Within 48 hours of Hamas rockets exploding in Israel, volunteers from Texas Baptist Men were preparing over 2,000 meals a day for war victims in Israel and continue to provide thousands of meals a day throughout the conflict.
Volunteers are providing meals to people who have lost their homes to the rockets or have seen their neighborhoods destroyed by them. TBM also is feeding hospital staff as well as first responders.
“The meals are being distributed by volunteers who are going into hot spots where there are displaced people,” said Gary Finley, who leads TBM volunteers in Israel. “Those are areas where homes have been damaged or destroyed and are prone to missile attacks.

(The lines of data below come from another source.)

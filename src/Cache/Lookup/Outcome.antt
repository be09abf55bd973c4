-- ===== src/Cache/Lookup/Outcome.antt =====
-- DecompCache::Lookup in Skyrim/src/DecompCache.cpp: which outcome each of its branches has.
use faster_file_copy.Prelude.{
  ℕ, ◌≡◌, ◌⊎◌, inl, inr, refl, ap, ◌∙◌, Bool, true, false, ◌||◌, Option, none, some, List, ltb,
  ◌==◌, arith, Bool-cases, Option-cases, sym,
}
use faster_file_copy.Cache.State.{
  MappedView, CachedEntry, ArchiveCache, DecompCache, Settings, find, replace, update_view,
}
use faster_file_copy.Cache.Lookup.{
  VerificationResult, verify_entry, invalidate, make_result, cold, lookup_address, lookup_entry,
  lookup_view, lookup_archive, lookup,
}
use faster_file_copy.Cache.Lookup.Marks.{invalidate-kept}
use faster_file_copy.Cache.Lookup.Served.{lookup-Served}
use faster_file_copy.Cache.Lookup.Corrupt.{Corrupt, verify_entry-Corrupt}
use faster_file_copy.Cache.Lookup.Classified.{
  no_cache, no_view, retired_before, no_entry, no_address, outside, not_warm, Flagged, Retirement,
  Classified, hit, missed, retired,
}
use faster_file_copy.Cache.Flush.Books.{find-replace}

replace-Flagged :
    (archive : ℕ) (flag : Bool) (m : List (ℕ × ArchiveCache)) (c d : ArchiveCache)
    → find m archive ≡ some c
    → d.disk_invalidated ≡ flag
    → Flagged archive flag m (replace m archive d)
replace-Flagged archive flag m c d cached f =
    let itself : (archive == archive) ≡ true = ground arith in
    record {
      others = λ a apart.
          (let other : (archive == a) ≡ false = ground (arith, apart) in
            find-replace m archive c d a cached ∙ rw other refl);
      cache = d;
      here = find-replace m archive c d archive cached ∙ rw itself refl;
      flagged = f;
    }

update_view-other :
    (views : ℕ → MappedView) (v : ℕ) (m : MappedView) (w : ℕ)
    → (v == w) ≡ false
    → update_view views v m w ≡ views w
unfolding update_view
update_view-other views v m w e = rw e refl

either : (a b : Bool) → (a || b) ≡ true → (a ≡ true) ⊎ (b ≡ true)
either true b h = inl refl
either false b h = inr h

invalidate_requests :
    (cfg : Settings) (already : Bool) (s : DecompCache)
    → already ≡ false
    → (invalidate cfg already s).flush_requested ≡ true
unfolding invalidate
invalidate_requests cfg true s fresh = absurd (cc)
invalidate_requests cfg false s fresh = elim (Bool-cases cfg.prefault_decomp_cache) [
  | inl on ↦ rw on refl
  | inr off ↦ rw off refl
]

-- No lookup answers from a cache that is to be replaced.
lookup-Flagged :
    (cfg : Settings) (read : ℕ → ℕ → Option (List ℕ)) (now archive start : ℕ) (s : DecompCache)
    (before : List (ℕ × ArchiveCache))
    → Flagged archive true before s.caches
    → (lookup cfg read now archive start s).0 ≡ none
lookup-Flagged cfg read now archive start s before f =
    elim (Option-cases (lookup cfg read now archive start s).0) [
      | inl silent ↦ silent
      | inr (r, answered) ↦
          let served = lookup-Served cfg read now archive start s r answered in
          let same : some f.cache ≡ some served.cache = sym f.here ∙ served.cached in
          let is : f.cache ≡ served.cache = cc same in
          absurd (cc (f.flagged, served.current, ap (λ (c : ArchiveCache). c.disk_invalidated) is))
    ]

module _ (cfg : Settings) (read : ℕ → ℕ → Option (List ℕ)) (now archive start : ℕ) where
  invalidated-Retirement :
      (s t : DecompCache) (c d : ArchiveCache) (v address : ℕ) (e : CachedEntry)
      → find s.caches archive ≡ some c
      → c.view ≡ some v
      → c.disk_invalidated ≡ false
      → find c.index start ≡ some e
      → e.data_address ≡ some address
      → Corrupt read address e
      → d.disk_invalidated ≡ true
      → t.caches ≡ replace s.caches archive d
      → t.views ≡ update_view s.views v (record (s.views v) { unusable = true })
      → Retirement cfg read archive start s.caches s.views (invalidate cfg c.disk_invalidated t)
  unfolding update_view
  invalidated-Retirement s t c d v address e cached owned fresh i a bad is caches views =
      let kept = invalidate-kept cfg c.disk_invalidated t in
      let all_views = kept.1 ∙ views in
      let itself : (v == v) ≡ true = ground arith in
      let marked : Flagged archive true s.caches (invalidate cfg c.disk_invalidated t).caches =
        rw (kept.0, caches) (replace-Flagged archive true s.caches c d cached is) in
      record {
        cache = c;
        view = v;
        entry = e;
        address = address;
        cached = cached;
        owned = owned;
        indexed = i;
        addressed = a;
        corrupt = bad;
        unusable = ap (λ (w : ℕ → MappedView). (w v).unusable) all_views ∙ rw itself refl;
        other_views = λ w apart.
            (let other : (v == w) ≡ false = ground (arith, apart) in
              ap (λ (x : ℕ → MappedView). x w) all_views ∙ update_view-other s.views v _ w other);
        marked = marked;
        requested = invalidate_requests cfg c.disk_invalidated t fresh;
        no_more =
            λ reads later offset. lookup-Flagged cfg reads later archive offset _ s.caches marked;
      }

  make_result-Classified :
      (s : DecompCache) (c : ArchiveCache) (v address : ℕ) (e : CachedEntry)
      (p : VerificationResult × CachedEntry)
      → find s.caches archive ≡ some c
      → c.view ≡ some v
      → c.disk_invalidated ≡ false
      → find c.index start ≡ some e
      → e.data_address ≡ some address
      → (p.0.valid ≡ false → Corrupt read address e)
      → Classified cfg read archive start s.caches s.views
          (make_result cfg read now archive start s c v address e p)
  unfolding make_result
  make_result-Classified s c v address e (p, verified) cached owned fresh i a bad =
      let touched = record c { last_access_ms = now; index = replace c.index start verified } in
      let retired_cache = record touched { disk_invalidated = true } in
      elim (Bool-cases p.valid) [
        | inl good ↦
            let flagged = replace-Flagged archive false s.caches c touched cached fresh in
            rw good (hit _ refl refl flagged)
        | inr failed ↦ rw failed (
            retired refl (
              invalidated-Retirement s _ c retired_cache v address e cached owned fresh i a
                (bad failed) refl refl refl))
      ]

  lookup_address-Classified :
      (s : DecompCache) (c : ArchiveCache) (v : ℕ) (e : CachedEntry) (o : Option ℕ)
      → e.data_address ≡ o
      → find s.caches archive ≡ some c
      → c.view ≡ some v
      → c.disk_invalidated ≡ false
      → find c.index start ≡ some e
      → Classified cfg read archive start s.caches s.views
          (lookup_address cfg read now archive start s c v e o)
  unfolding lookup_address
  lookup_address-Classified s c v e none a cached owned fresh i =
      missed refl refl refl (no_address c e cached i a)
  lookup_address-Classified s c v e (some address) a cached owned fresh i =
      elim (Bool-cases (ltb address (s.views v).base)) [
        | inl below ↦
            rw below (missed refl refl refl (outside c v e address cached owned i a (ground arith)))
        | inr above ↦ elim (Bool-cases (cold cfg read now archive start s v address e)) [
          | inl is_cold ↦
              rw (above, is_cold)
                (missed refl refl refl
                  (not_warm c v e address cached owned i a (ground arith) (ground arith)))
          | inr warm ↦
              rw (above, warm)
                (make_result-Classified s c v address e (verify_entry read e) cached owned fresh i a
                  (verify_entry-Corrupt read address e a))
        ]
      ]

  lookup_entry-Classified :
      (s : DecompCache) (c : ArchiveCache) (v : ℕ) (o : Option CachedEntry)
      → find c.index start ≡ o
      → find s.caches archive ≡ some c
      → c.view ≡ some v
      → c.disk_invalidated ≡ false
      → Classified cfg read archive start s.caches s.views
          (lookup_entry cfg read now archive start s c v o)
  unfolding lookup_entry
  lookup_entry-Classified s c v none i cached owned fresh =
      missed refl refl refl (no_entry c cached i)
  lookup_entry-Classified s c v (some e) i cached owned fresh =
      lookup_address-Classified s c v e e.data_address refl cached owned fresh i

  lookup_view-Classified :
      (s : DecompCache) (c : ArchiveCache) (o : Option ℕ)
      → c.view ≡ o
      → find s.caches archive ≡ some c
      → Classified cfg read archive start s.caches s.views
          (lookup_view cfg read now archive start s c o)
  unfolding lookup_view
  lookup_view-Classified s c none owned cached = missed refl refl refl (no_view c cached owned)
  lookup_view-Classified s c (some v) owned cached =
      elim (Bool-cases ((s.views v).unusable || c.disk_invalidated)) [
        | inl stale ↦
            rw stale (missed refl refl refl (retired_before c v cached owned (either _ _ stale)))
        | inr servable ↦
            rw servable
              (lookup_entry-Classified s c v (find c.index start) refl cached owned (ground arith))
      ]

  lookup_archive-Classified :
      (s : DecompCache) (o : Option ArchiveCache)
      → find s.caches archive ≡ o
      → Classified cfg read archive start s.caches s.views
          (lookup_archive cfg read now archive start s o)
  unfolding lookup_archive
  lookup_archive-Classified s none cached = missed refl refl refl (no_cache cached)
  lookup_archive-Classified s (some c) cached = lookup_view-Classified s c c.view refl cached

  -- Whatever the state, a lookup has one of three outcomes. It answers, and then no view changes, the
  -- archive's cache is not marked for replacement and the other archives' caches are unchanged. Or it has no
  -- answer for one of the seven reasons of Miss, and then no view and no cache changes. Or it has no answer
  -- because the entry is corrupt: it is empty, has no verification byte, is known to be invalid, cannot be
  -- read, or has another checksum; then its view becomes unusable and no other view changes, this archive's
  -- cache is marked for replacement and the other archives' caches are unchanged, a flush is requested, and
  -- in the state that results no lookup of this archive answers, at whatever time and for whatever offset.
  pub lookup-Classified :
      (s : DecompCache)
      → Classified cfg read archive start s.caches s.views (lookup cfg read now archive start s)
  unfolding lookup
  lookup-Classified s = lookup_archive-Classified _ (find s.caches archive) refl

No TBM volunteers are placed in harm’s way.”
Finley described the situation as “very fluid,” and the team is prepared to move to another location where they can continue serving displaced citizens, particularly if the violence escalates.
“We’re playing it by ear,” he said. “Pray for whatever God has in store. Pray for patience because we don’t know from one day to the next what that day will bring.”
The volunteers are putting their faith into action, said TBM Executive Director and CEO Mickey Lenamon.
“Christ calls each of us to help the hurting,” he said. “A lot of people are hurting in Israel and surrounding areas. God cares deeply about them and is sending us to minister in His name. In very difficult times, TBM volunteers are shining the light of Christ brightly.”
John-Travis Smith, TBM associate executive director who coordinates Israel relief, said: “We have trained in Israel for years to deploy like this. In the middle of all that’s happening, TBM is delivering help, hope and healing.”
TBM volunteers are working alongside an Israeli partner in a secure location. The volunteers are rotating in and out of Israel, with 20 in place on Oct. 24 and another team slated to head there in early November.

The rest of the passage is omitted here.